- Task description -
Please copy exactly the lines that run from the start of the entries to the line containing "abbrev pub case_of", inclusive.

Records from a data source
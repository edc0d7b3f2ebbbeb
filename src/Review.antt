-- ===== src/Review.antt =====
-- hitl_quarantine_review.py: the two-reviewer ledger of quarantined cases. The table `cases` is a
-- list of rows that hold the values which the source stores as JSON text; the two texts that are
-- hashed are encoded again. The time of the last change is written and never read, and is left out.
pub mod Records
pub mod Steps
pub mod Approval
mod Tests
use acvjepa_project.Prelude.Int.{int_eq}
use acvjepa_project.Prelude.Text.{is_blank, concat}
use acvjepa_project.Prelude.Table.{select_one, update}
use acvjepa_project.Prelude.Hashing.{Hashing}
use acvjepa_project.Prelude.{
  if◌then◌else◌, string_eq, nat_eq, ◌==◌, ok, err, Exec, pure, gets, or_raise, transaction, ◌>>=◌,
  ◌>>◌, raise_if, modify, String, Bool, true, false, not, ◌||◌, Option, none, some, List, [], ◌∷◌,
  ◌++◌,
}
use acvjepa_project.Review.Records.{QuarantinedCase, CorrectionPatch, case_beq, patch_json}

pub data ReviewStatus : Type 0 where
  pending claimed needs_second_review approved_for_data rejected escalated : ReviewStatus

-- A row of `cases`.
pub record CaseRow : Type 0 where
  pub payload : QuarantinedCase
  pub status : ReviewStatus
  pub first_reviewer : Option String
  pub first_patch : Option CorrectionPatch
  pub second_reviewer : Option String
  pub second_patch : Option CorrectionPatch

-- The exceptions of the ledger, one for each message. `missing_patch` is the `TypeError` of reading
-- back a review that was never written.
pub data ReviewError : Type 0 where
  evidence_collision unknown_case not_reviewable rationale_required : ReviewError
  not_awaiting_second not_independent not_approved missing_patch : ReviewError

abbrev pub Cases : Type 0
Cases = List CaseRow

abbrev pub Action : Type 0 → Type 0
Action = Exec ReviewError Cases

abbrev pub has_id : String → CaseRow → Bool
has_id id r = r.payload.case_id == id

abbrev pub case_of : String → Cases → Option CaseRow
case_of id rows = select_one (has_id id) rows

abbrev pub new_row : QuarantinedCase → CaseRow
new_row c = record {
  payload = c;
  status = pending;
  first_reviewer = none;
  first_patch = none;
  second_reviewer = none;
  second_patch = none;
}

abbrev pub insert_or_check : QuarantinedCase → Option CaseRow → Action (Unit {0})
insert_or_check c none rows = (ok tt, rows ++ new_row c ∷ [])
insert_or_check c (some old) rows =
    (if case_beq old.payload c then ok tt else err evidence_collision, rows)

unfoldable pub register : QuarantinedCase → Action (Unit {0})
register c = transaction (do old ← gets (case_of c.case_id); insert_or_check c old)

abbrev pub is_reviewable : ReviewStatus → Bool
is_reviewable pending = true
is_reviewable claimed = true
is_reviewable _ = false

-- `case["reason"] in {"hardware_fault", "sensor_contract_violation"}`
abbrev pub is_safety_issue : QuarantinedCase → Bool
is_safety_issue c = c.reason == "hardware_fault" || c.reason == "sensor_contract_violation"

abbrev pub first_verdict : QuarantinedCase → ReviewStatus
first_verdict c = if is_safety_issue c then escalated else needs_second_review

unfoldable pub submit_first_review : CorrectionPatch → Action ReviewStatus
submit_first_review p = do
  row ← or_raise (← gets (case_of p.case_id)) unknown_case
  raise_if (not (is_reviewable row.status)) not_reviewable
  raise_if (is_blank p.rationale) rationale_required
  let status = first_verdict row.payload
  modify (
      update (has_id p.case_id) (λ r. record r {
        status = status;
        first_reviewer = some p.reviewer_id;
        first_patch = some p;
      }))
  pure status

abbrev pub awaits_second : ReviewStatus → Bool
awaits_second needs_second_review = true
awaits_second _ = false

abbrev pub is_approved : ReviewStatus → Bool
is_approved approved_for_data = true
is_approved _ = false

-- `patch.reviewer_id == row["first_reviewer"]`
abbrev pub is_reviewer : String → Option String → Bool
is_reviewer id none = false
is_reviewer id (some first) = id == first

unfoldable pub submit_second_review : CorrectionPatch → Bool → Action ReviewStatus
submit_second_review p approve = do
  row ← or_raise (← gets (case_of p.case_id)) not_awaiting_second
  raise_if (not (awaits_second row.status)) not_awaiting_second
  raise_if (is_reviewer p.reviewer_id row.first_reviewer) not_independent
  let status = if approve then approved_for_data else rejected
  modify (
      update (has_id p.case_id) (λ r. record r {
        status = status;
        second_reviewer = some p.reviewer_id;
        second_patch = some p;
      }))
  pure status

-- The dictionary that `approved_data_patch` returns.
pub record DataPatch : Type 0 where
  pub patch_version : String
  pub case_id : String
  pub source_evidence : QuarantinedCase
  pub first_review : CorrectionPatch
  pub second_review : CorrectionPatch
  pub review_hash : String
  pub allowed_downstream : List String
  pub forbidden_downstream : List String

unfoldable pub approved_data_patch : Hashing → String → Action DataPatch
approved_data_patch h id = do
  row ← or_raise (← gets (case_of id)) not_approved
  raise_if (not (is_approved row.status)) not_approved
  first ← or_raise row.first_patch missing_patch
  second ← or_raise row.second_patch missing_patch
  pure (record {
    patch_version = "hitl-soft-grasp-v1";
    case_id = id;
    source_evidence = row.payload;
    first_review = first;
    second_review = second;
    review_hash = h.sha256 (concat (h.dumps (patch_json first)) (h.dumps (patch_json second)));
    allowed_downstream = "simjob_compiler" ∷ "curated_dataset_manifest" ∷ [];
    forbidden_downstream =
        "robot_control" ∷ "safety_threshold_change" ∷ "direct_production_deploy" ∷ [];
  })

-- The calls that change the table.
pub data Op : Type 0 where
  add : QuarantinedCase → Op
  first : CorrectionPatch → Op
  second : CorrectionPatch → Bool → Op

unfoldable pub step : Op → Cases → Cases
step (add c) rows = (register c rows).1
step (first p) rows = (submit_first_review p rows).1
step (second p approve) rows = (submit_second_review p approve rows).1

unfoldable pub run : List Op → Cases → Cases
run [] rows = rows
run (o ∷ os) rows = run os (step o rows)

- Result of the exercise -
repository edc0d7b3f2ebbbeb
filename src/Review.antt
-- ===== src/Review.antt =====
-- hitl_quarantine_review.py: the two-reviewer ledger of quarantined cases. The table `cases` is a
-- list of rows that hold the values which the source stores as JSON text; the two texts that are
-- hashed are encoded again. The time of the last change is written and never read, and is left out.
pub mod Records
pub mod Steps
pub mod Approval
mod Tests
use acvjepa_project.Prelude.Int.{int_eq}
use acvjepa_project.Prelude.Text.{is_blank, concat}
use acvjepa_project.Prelude.Table.{select_one, update}
use acvjepa_project.Prelude.Hashing.{Hashing}
use acvjepa_project.Prelude.{
  if◌then◌else◌, string_eq, nat_eq, ◌==◌, ok, err, Exec, pure, gets, or_raise, transaction, ◌>>=◌,
  ◌>>◌, raise_if, modify, String, Bool, true, false, not, ◌||◌, Option, none, some, List, [], ◌∷◌,
  ◌++◌,
}
use acvjepa_project.Review.Records.{QuarantinedCase, CorrectionPatch, case_beq, patch_json}

pub data ReviewStatus : Type 0 where
  pending claimed needs_second_review approved_for_data rejected escalated : ReviewStatus

-- A row of `cases`.
pub record CaseRow : Type 0 where
  pub payload : QuarantinedCase
  pub status : ReviewStatus
  pub first_reviewer : Option String
  pub first_patch : Option CorrectionPatch
  pub second_reviewer : Option String
  pub second_patch : Option CorrectionPatch

-- The exceptions of the ledger, one for each message. `missing_patch` is the `TypeError` of reading
-- back a review that was never written.
pub data ReviewError : Type 0 where
  evidence_collision unknown_case not_reviewable rationale_required : ReviewError
  not_awaiting_second not_independent not_approved missing_patch : ReviewError

abbrev pub Cases : Type 0
Cases = List CaseRow

abbrev pub Action : Type 0 → Type 0
Action = Exec ReviewError Cases

abbrev pub has_id : String → CaseRow → Bool
has_id id r = r.payload.case_id == id

abbrev pub case_of : String → Cases → Option CaseRow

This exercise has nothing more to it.